Interestingly, we notice that there are a number of conformers with very similar energy values after optimization. Of course the goal of the conformer search is to identify a diverse set of possible structures, and optimization can destroy that diversity. Let's verify if that's what happened by looking at the RMSD between optimized structures.

from numpy import zeros

mat = zeros((mol.NumConformers(), mol.NumConformers()))
align = OBAlign()

for i in range(mol.NumConformers()):
    mol.SetConformer(i)
    align.SetRefMol(mol)
    for j in range(mol.NumConformers()):
        mol.SetConformer(j)
        align.SetTargetMol(mol)
        align.Align()
        mat[i, j] = align.GetRMSD()

fig, axs = plt.subplots(1, 1)
img = axs.imshow(mat, cmap="Greys", aspect="auto")
cb = fig.colorbar(img)
cb.set_label("RMSD", fontsize=14)

png

That's a lot of white. So let's try removing the duplicates.

duplicates = []
for i in range(mol.NumConformers()):
    for j in range(i+1, mol.NumConformers()):
        if mat[i,j] < 1e-1:
            duplicates.append(j)
duplicates = sorted(set(duplicates), reverse=True)

for idx in duplicates:
    mol.DeleteConformer(idx)

print(mol.NumConformers())

We've made it this far, so let's finish with a higher level energy estimate using PySCF and density functional theory.
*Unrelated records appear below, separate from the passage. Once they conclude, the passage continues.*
-- ===== src/Runtime/Compile.antt =====
-- The interpreter of src/runtime/bytecode.c runs the code of a compiler right: expressions and
-- assignments.
pub mod Single
pub mod Values
pub mod Assign
use openyanase_kernel.Base.{
  ℕ, zero, suc, ◌+◌, ◌-◌, ◌*◌, ◌%◌, ◌^◌, ◌<◌, ◌≤◌, ◌≡◌, refl, sym, ap, ap₂, ◌∙◌, subst, List, [],
  ◌∷◌, ◌++◌, length, length-append, ltb, lt→ltb, some, update, arith, add32, sub32, bit_and, bit_or,
  if◌then◌else◌, ◌==◌, false,
}
use Prim.Native.Nat.{bit_xor, max}
use openyanase_kernel.Runtime.Word.{mul32, negate, sign8}
use openyanase_kernel.Runtime.Machine.{Vm, Program, Call, push, pop, load, store, skip, ◌>>=◌}
use openyanase_kernel.Runtime.Bytecode.{execute, step, is_return, binary, store_top}
use openyanase_kernel.Runtime.Steps.{
  Steps, done, round, Steps-append, step-execute, push-lem, pop-lem, load-lem, binary-lem,
}

pub data Op : Type 0 where
  add sub mul or and xor : Op

-- Expressions over the local variables, with signed bytes as constants.
pub data Expr : Type 0 where
  constant var : ℕ → Expr
  minus : Expr → Expr
  op : Op → Expr → Expr → Expr

unfoldable pub apply : Op → ℕ → ℕ → ℕ
apply add a b = add32 a b
apply sub a b = sub32 a b
apply mul a b = mul32 a b
apply or a b = bit_or a b
apply and a b = bit_and a b
apply xor a b = bit_xor a b

-- What an expression means.
unfoldable pub eval : (ℕ → ℕ) → Expr → ℕ
unfolding apply
eval l (constant b) = sign8 b
eval l (var i) = l i
eval l (minus e) = negate (eval l e)
eval l (op o e f) = apply o (eval l e) (eval l f)

abbrev pub opcode : Op → ℕ
opcode add = 0x60
opcode sub = 0x64
opcode mul = 0x68
opcode or = 0x80
opcode and = 0x7E
opcode xor = 0x82

-- The code that a compiler makes of it.
abbrev pub compile : Expr → List ℕ
compile (constant b) = 0x10 ∷ b ∷ []
compile (var i) = 0x15 ∷ i ∷ []
compile (minus e) = compile e ++ 0x74 ∷ []
compile (op o e f) = compile e ++ (compile f ++ opcode o ∷ [])

-- How many instructions that are, and how many places of the stack they take.
abbrev pub count : Expr → ℕ
count (constant b) = 1
count (var i) = 1
count (minus e) = count e + 1
count (op o e f) = count e + (count f + 1)

abbrev pub height : Expr → ℕ
height (constant b) = 1
height (var i) = 1
height (minus e) = height e
height (op o e f) = max (height e) (height f + 1)

-- The variables are among the locals.
abbrev pub InLocals : Expr → Type 0
InLocals (constant b) = Unit
InLocals (var i) = i < 64
InLocals (minus e) = InLocals e
InLocals (op o e f) = InLocals e × InLocals f

-- The code has the bytes at an address.
abbrev pub Holds : (ℕ → ℕ) → ℕ → List ℕ → Type 0
Holds code a [] = Unit
Holds code a (b ∷ bs) = (code a ≡ b) × Holds code (a + 1) bs

pub Holds-append :
    (code : ℕ → ℕ) (a : ℕ) (xs ys : List ℕ)
    → Holds code a (xs ++ ys)
    → Holds code a xs × Holds code (a + length xs) ys
Holds-append code a [] ys h = (tt, subst (λ k. Holds code k ys) {x = a} {y = a + 0} (omega arith) h)
Holds-append code a (x ∷ xs) ys h =
    let (left, right) = Holds-append code (a + 1) xs ys h.1 in
    (
      (h.0, left),
      subst (λ k. Holds code k ys) {x = a + 1 + length xs} {y = a + suc (length xs)} (omega arith)
          right,
    )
from pyscf.gto import Mole

pmols = []
for i in range(mol.NumConformers()):
    mol.SetConformer(i)
    atlist = []
    for at in OBMolAtomIter(mol):
        atlist.append(str(at.GetAtomicNum()) + " " + 
                      str(at.GetX()) + " " +
                      str(at.GetY()) + " " + 
                      str(at.GetZ()))
    pmols += [Mole(atom=";".join(atlist), basis="6-31G*")]
    pmols[-1].build()

from pyscf import dft
dft_energy = []
for m in pmols:
    rks = dft.RKS(m)
    rks.xc = "B3LYP"
    rks.verbose = False
    dft_energy += [rks.kernel()]

ff_energy = []
for i in range(mol.NumConformers()):
    mol.SetConformer(i)
    ff.Setup(mol)
    ff_energy.append(ff.Energy())

fig, axs = plt.subplots(1, 1)
axs.plot([x - min(ff_energy) for x in ff_energy], 
         [(x - min(dft_energy))*2600 for x in dft_energy], 'kx', markersize=14)
axs.ticklabel_format(useOffset=False)
axs.set_xlabel("(Relative) Forcefield Energy (" + ff.GetUnit() + ")", fontsize=14)
axs.set_ylabel("(Realtive) DFT Energy (kJ/mol)", fontsize=14)

png

Of course, no screeing procedure should end at B3LYP/6-31G*! But I hope this post has shown to you that OpenBabel can serve as a useful toolkit for building your next study.